# Bildgröße verändern



## HeinerPyt (23. Juni 2005)

Hi,

vieleicht weiß hier jemand rat. Ich habe ein Bild, das auf eine bestimmte, vorgegeben Größe (z.B. 500 x 300 Pixel) geändert werden soll. Mit dem Menüpunkt Bildgröße kann ich das bewerkstelligen. Nun mein Problem. Wenn ich Proportione beibehalten auswähle, kann ichnur eine der beiden Größen ändern. Wenn ich die Proportionen nicht beibehalte, verzerrt es das Bild.

Was tun


mfg
Heiner


----------



## extracuriosity (23. Juni 2005)

Ist ja logisch. Das einzige, was du machen kannst, ist mit Hilfe des Freistellwerkzeugs Teile deines Ausgangbildes abzuschneiden. Gib oben in den Werkzeugoptionen die Werte für Höhe und Breite ein und zieh das Rechteck da auf, wo du es brauchst.

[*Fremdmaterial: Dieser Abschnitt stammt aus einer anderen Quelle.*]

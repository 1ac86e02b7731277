-- ===== src/Task/Finalize/Approval.antt =====
-- What an accepted task has gone through at its end, and that FINALIZE ends every turn.
use local_engineer.Prelude.{
  ◌≡◌, ◌≢◌, refl, sym, ap, ◌∙◌, subst, ◌⊎◌, inl, inr, true, [], none, some, arith, Option-cases,
  Result-cases, Bool-cases, ok, List-cases,
}
use local_engineer.GoStrings.{Text, text_eq_iff}
use local_engineer.Firewall.{check_diff_secrets}
use local_engineer.Ledger.Journal.{
  OpKind, Operation, Journal, Handle, begin, complete, find_row, new_row, finished_row, uncertain,
}
use local_engineer.Ledger.Journal.Rows.{begin-row, complete-ok, finished-row}
use local_engineer.Task.{State}
use local_engineer.Task.Verify.{Work, World, Why, stopped, moved}
use local_engineer.Task.Finalize.{
  approved, Closing, verified_candidate, commit, ask, scan, write_card, finalize,
}

-- When git was asked to commit, the journal held the intent of the commit in a new row without an
-- outcome, and git reported no error; the outcome was then written into that row.
pub record Journalled (c : Closing) (candidate : Text) : Type 0 where
  pub begun : Journal
  pub completed : Journal
  pub row : Operation
  pub outcome : Text
  pub handle : Handle
  pub handle' : Handle
  pub starts :
      begin c.begun_at c.begins c.task_id OpKind.decision c.intent candidate c.journal
      ≡ ok (handle, begun)
  pub intended : find_row c.journal.next_id begun.rows ≡ some row
  pub has_intent : c.intent ≡ some row.intent
  pub on_candidate : row.candidate_before ≡ candidate
  pub open_yet : uncertain row ≡ true
  pub committed : c.git_commits begun ≡ true
  pub has_outcome : c.outcome ≡ some outcome
  pub written :
      find_row c.journal.next_id completed.rows
      ≡ some (finished_row c.completed_at outcome candidate [] row)
  pub finishes :
      complete c.completed_at c.completes c.outcome candidate [] handle begun
      ≡ ok (handle', completed)

-- The gate was approved on this candidate, and its commit was journalled, made and recorded.
abbrev pub Committed : Closing → Work → Type 0
Committed c w =
    (c.gate ≡ some approved) × (c.candidate_at_gate ≡ some w.candidate) × Journalled c w.candidate

commit-accepted :
    (c : Closing) (w w' : Work) (why : Why)
    → commit c w ≡ stopped State.accepted why w'
    → Journalled c w.candidate × (w' ≡ w)
unfolding commit
commit-accepted c w w' why h =
    elim (Result-cases
      (begin c.begun_at c.begins c.task_id OpKind.decision c.intent w.candidate c.journal)) [
        | inr (e, failed) ↦ absurd (ground (arith, failed))
        | inl ((handle, begun), b) ↦ elim (Bool-cases (c.git_commits begun)) [
          | inr refused ↦ absurd (ground (arith, b, refused))
          | inl made ↦
              elim (Result-cases
                (complete c.completed_at c.completes c.outcome w.candidate [] handle begun)) [
                  | inr (e, failed) ↦ absurd (ground (arith, b, made, failed))
                  | inl ((handle', done), k) ↦
                      let (intent, i, same, live, found) =
                        begin-row c.begun_at c.begins c.task_id OpKind.decision c.intent w.candidate
                          c.journal begun handle b in
                      let (out, o, d) =
                        complete-ok c.completed_at c.completes c.outcome w.candidate handle handle'
                          begun done k in
                      (
                        record {
                          begun = begun;
                          completed = done;
                          row =
                              new_row c.begun_at c.task_id OpKind.decision intent w.candidate
                                c.journal;
                          outcome = out;
                          handle = handle;
                          handle' = handle';
                          starts = b;
                          intended = found;
                          has_intent = i;
                          on_candidate = refl;
                          open_yet = refl;
                          committed = made;
                          has_outcome = o;
                          written =
                              finished-row c.journal.next_id
                                (finished_row c.completed_at out w.candidate []) handle _ begun done
                                (λ r. refl) same found d;
                          finishes = k;
                        },
                        ground (arith, b, made, k),
                      )
                ]
        ]
      ]

-- The diff was read, and holds no credential.
abbrev pub Scanned : Closing → Type 0
Scanned c = (diff : Text) × (c.diff ≡ some diff) × (check_diff_secrets diff ≡ none)

ask-accepted :
    (c : Closing) (w w' : Work) (why : Why)
    → ask c w ≡ stopped State.accepted why w'
    → Committed c w' × (w' ≡ w)
unfolding ask
ask-accepted c w w' why h = elim (Option-cases c.gate) [
  | inl e ↦ absurd (ground arith)
  | inr (gate, g) ↦ elim (Option-cases c.candidate_at_gate) [
    | inl e ↦ absurd (ground arith)
    | inr (current, k) ↦
        let (journalled, same) = commit-accepted c w w' why (ground (arith, g, k)) in
        subst (λ u. Committed c u × (u ≡ w)) (sym same)
          ((ground arith, ground (arith, text_eq_iff current w.candidate), journalled), refl)
  ]
]

scan-accepted :
    (c : Closing) (w w' : Work) (why : Why)
    → scan c w ≡ stopped State.accepted why w'
    → Scanned c × Committed c w' × (w' ≡ w)
unfolding scan
scan-accepted c w w' why h = elim (Option-cases c.diff) [
  | inl e ↦ absurd (ground arith)
  | inr (diff, d) ↦ elim (Option-cases (check_diff_secrets diff)) [
    | inr (file, leak) ↦ absurd (ground arith)
    | inl clean ↦
        let (done, same) = ask-accepted c w w' why (ground arith) in ((diff, d, clean), done, same)
  ]
]

-- The candidate that is committed: the one verified, or the one that the card has made of it.
abbrev pub Final : Closing → Work → Work → Type 0
Final c w w' =
    (w'.candidate ≡ w.candidate)
    ⊎ ((w.finalization_candidate ≡ []) × (c.candidate_with_card ≡ some w'.candidate))

write_card-accepted :
    (c : Closing) (v : World) (w w' : Work) (why : Why)
    → write_card c v w ≡ stopped State.accepted why w'
    → Scanned c × Committed c w' × Final c w w'
unfolding write_card
write_card-accepted c v w w' why h = elim (List-cases w.finalization_candidate) [
  | inr (x, xs, written) ↦
      let (scanned, done, same) = scan-accepted c w w' why (ground (arith, written)) in
      (scanned, done, inl (ap (λ u. u.candidate) same))
  | inl blank ↦ elim (Option-cases c.candidate_with_card) [
    | inl e ↦ absurd (ground (arith, blank))
    | inr (final, f) ↦
        let u = record w { finalization_candidate = final; candidate = final } in
        let (scanned, done, same) = scan-accepted c u w' why (ground (arith, blank, f)) in
        (scanned, done, inr (blank, f ∙ ap (λ x. some x.candidate) (sym same)))
  ]
]

-- A task is accepted in FINALIZE only if the candidate of the checkout was the verified one, the diff
-- was read and holds no credential, the gate was approved, and the candidate at the gate is the one
-- that is committed. When git was asked to commit, the journal held the intent of that commit in a row
-- on this candidate that had no outcome yet; git reported no error, and the row then has the outcome.
pub finalize-accepted :
    (c : Closing) (v : World) (w w' : Work) (why : Why)
    → finalize c v w ≡ stopped State.accepted why w'
    → (verified_candidate w ≡ w.candidate) × Scanned c × Committed c w' × Final c w w'
unfolding finalize
finalize-accepted c v w w' why h =
    let (scanned, done, final) = write_card-accepted c v w w' why (ground arith) in
    (ground (arith, text_eq_iff (verified_candidate w) w.candidate), scanned, done, final)

ask-ne-moved : (c : Closing) (w w' : Work) → ask c w ≢ moved w'
unfolding ask commit
ask-ne-moved c w w' h = elim (Option-cases c.gate) [
  | inl e ↦ ground arith
  | inr (gate, g) ↦ elim (Option-cases c.candidate_at_gate) [
    | inl e ↦ ground arith
    | inr (current, k) ↦ ground arith
  ]
]

scan-ne-moved : (c : Closing) (w w' : Work) → scan c w ≢ moved w'
unfolding scan
scan-ne-moved c w w' h = elim (Option-cases c.diff) [
  | inl e ↦ ground arith
  | inr (diff, d) ↦ elim (Option-cases (check_diff_secrets diff)) [
    | inr (file, leak) ↦ ground arith
    | inl clean ↦ ask-ne-moved c w w' (ground arith)
  ]
]

-- FINALIZE ends every turn.
pub finalize-ne-moved : (c : Closing) (v : World) (w w' : Work) → finalize c v w ≢ moved w'
unfolding finalize write_card
finalize-ne-moved c v w w' h = elim (List-cases w.finalization_candidate) [
  | inr (x, xs, written) ↦ scan-ne-moved c w w' (ground (arith, written))
  | inl blank ↦ elim (Option-cases c.candidate_with_card) [
    | inl e ↦ ground (arith, blank)
    | inr (final, f) ↦
        let u = record w { finalization_candidate = final; candidate = final } in
        scan-ne-moved c u w' (ground (arith, blank, f))
  ]
]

 EDIT zur Verdeutlichung: Proportionen beibehalten heisst ja, dass das Verhältniss von Höhe und Breite des Bildes beibehalten wird. Deshalb wird der Wert der Höhe automatisch berechnet, wenn du den Breitenwert änderst und umgekehrt. Beispiel: Du hast ein Bild im Verhältniss 4:3 mit einer Breite von 400 Pixeln. Die Höhe ist dann logischerweise 300 Pixel. Willst du jetzt mit gleichen Proportionen auf eine Breite von 200 Pixeln verkleinern, dann muss die Höhe 150 Pixel sein. Da geht gar kein Weg dran vorbei, es sei denn du verzerrst das Bild oder beschneidest es.


----------



## SGE_victim (25. Juni 2005)

Es geht auch so:

Zuerst über Bildgrösse einen Wert (am besten den grösseren) auf das gewünschte Format anpassen.

Und beim rechtsklick auf den fensterbalken hast du ja ausser "Bildgösse" noch die Option "Arbeitsfläche".

Dort kannst du ganz einfach BEIDE (Höhe und Breite) Einstellungen verändern so wie du es brauchst. Natürlich ist dann dein Bild entweder Oben und Unten oder Rechts und Links mit der jeweiligen Hintergrundfarbe gefüllt, bzw. das Bild füllt nicht das komplette Fenster aus wenn das Format nicht gleich ist (und deshalb machen wir den Zirkus ja).

Also einfach Strg+T (frei transformieren) und mit gedrückter "shift" Taste (wichtig!) das Bild so gross machen, dass keine leeren Bereiche mehr da sind.

Hoffe ich konnte Dir helfen!

grüße,


-victim


----------